▸ **Work order**
The complete listing should be copied out exactly.
------ Input data
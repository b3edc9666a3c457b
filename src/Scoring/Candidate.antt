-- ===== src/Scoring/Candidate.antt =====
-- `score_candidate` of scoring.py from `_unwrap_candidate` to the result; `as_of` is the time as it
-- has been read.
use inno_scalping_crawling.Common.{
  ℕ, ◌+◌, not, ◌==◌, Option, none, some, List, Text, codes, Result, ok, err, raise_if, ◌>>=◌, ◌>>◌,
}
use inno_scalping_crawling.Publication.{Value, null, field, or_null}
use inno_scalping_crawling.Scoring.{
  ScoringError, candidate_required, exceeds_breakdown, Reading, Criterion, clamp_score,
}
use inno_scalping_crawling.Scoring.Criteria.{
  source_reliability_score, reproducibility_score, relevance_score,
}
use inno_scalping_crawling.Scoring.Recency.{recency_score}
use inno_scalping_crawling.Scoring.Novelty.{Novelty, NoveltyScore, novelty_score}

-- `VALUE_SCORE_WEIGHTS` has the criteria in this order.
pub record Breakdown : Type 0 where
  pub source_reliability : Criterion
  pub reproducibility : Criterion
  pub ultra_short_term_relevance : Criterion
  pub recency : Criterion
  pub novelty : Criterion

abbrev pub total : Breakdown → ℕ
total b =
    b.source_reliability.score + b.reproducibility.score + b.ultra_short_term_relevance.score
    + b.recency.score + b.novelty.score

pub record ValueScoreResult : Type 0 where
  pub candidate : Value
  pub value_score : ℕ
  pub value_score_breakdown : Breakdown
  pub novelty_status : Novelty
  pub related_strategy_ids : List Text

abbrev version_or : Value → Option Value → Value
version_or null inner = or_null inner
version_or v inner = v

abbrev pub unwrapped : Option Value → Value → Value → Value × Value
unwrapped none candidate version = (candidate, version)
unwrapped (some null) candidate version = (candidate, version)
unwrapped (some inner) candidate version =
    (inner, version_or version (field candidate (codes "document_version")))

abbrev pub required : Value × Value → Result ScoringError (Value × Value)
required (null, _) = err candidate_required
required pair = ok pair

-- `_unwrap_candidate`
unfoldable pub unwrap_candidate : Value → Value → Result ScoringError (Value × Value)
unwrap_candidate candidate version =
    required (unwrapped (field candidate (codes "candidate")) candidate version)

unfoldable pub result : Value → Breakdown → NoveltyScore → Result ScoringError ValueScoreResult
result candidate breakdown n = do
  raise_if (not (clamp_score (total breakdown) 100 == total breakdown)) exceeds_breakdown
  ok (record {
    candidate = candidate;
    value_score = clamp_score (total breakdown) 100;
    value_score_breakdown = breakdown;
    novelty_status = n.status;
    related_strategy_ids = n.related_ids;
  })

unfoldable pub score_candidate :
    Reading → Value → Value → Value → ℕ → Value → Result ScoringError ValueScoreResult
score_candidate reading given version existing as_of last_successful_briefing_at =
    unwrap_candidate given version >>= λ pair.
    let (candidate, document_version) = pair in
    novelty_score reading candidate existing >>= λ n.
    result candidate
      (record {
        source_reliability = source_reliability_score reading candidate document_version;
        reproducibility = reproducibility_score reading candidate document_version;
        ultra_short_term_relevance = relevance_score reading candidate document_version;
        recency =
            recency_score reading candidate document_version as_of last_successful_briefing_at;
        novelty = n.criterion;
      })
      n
------------
▸ **Response box**
repository b3edc9666a3c457b
filename src/Scoring/Candidate.antt
-- ===== src/Scoring/Candidate.antt =====
-- `score_candidate` of scoring.py from `_unwrap_candidate` to the result; `as_of` is the time as it
-- has been read.
use inno_scalping_crawling.Common.{
  ℕ, ◌+◌, not, ◌==◌, Option, none, some, List, Text, codes, Result, ok, err, raise_if, ◌>>=◌, ◌>>◌,
}
use inno_scalping_crawling.Publication.{Value, null, field, or_null}
use inno_scalping_crawling.Scoring.{
  ScoringError, candidate_required, exceeds_breakdown, Reading, Criterion, clamp_score,
}
use inno_scalping_crawling.Scoring.Criteria.{
  source_reliability_score, reproducibility_score, relevance_score,
}
use inno_scalping_crawling.Scoring.Recency.{recency_score}
use inno_scalping_crawling.Scoring.Novelty.{Novelty, NoveltyScore, novelty_score}

-- `VALUE_SCORE_WEIGHTS` has the criteria in this order.
pub record Breakdown : Type 0 where
  pub source_reliability : Criterion
  pub reproducibility : Criterion
  pub ultra_short_term_relevance : Criterion
  pub recency : Criterion
  pub novelty : Criterion

abbrev pub total : Breakdown → ℕ
total b =
    b.source_reliability.score + b.reproducibility.score + b.ultra_short_term_relevance.score
    + b.recency.score + b.novelty.score

pub record ValueScoreResult : Type 0 where
  pub candidate : Value
  pub value_score : ℕ
  pub value_score_breakdown : Breakdown
  pub novelty_status : Novelty
  pub related_strategy_ids : List Text

abbrev version_or : Value → Option Value → Value
version_or null inner = or_null inner
version_or v inner = v

abbrev pub unwrapped : Option Value → Value → Value → Value × Value
unwrapped none candidate version = (candidate, version)
unwrapped (some null) candidate version = (candidate, version)
unwrapped (some inner) candidate version =
    (inner, version_or version (field candidate (codes "document_version")))

abbrev pub required : Value × Value → Result ScoringError (Value × Value)
required (null, _) = err candidate_required
required pair = ok pair

-- `_unwrap_candidate`
unfoldable pub unwrap_candidate : Value → Value → Result ScoringError (Value × Value)
unwrap_candidate candidate version =
    required (unwrapped (field candidate (codes "candidate")) candidate version)

unfoldable pub result : Value → Breakdown → NoveltyScore → Result ScoringError ValueScoreResult
result candidate breakdown n = do
  raise_if (not (clamp_score (total breakdown) 100 == total breakdown)) exceeds_breakdown
  ok (record {
    candidate = candidate;
    value_score = clamp_score (total breakdown) 100;
    value_score_breakdown = breakdown;
    novelty_status = n.status;
    related_strategy_ids = n.related_ids;
  })

unfoldable pub score_candidate :
    Reading → Value → Value → Value → ℕ → Value → Result ScoringError ValueScoreResult
score_candidate reading given version existing as_of last_successful_briefing_at =
    unwrap_candidate given version >>= λ pair.
    let (candidate, document_version) = pair in
    novelty_score reading candidate existing >>= λ n.
    result candidate
      (record {
        source_reliability = source_reliability_score reading candidate document_version;
        reproducibility = reproducibility_score reading candidate document_version;
        ultra_short_term_relevance = relevance_score reading candidate document_version;
        recency =
            recency_score reading candidate document_version as_of last_successful_briefing_at;
        novelty = n.criterion;
      })
      n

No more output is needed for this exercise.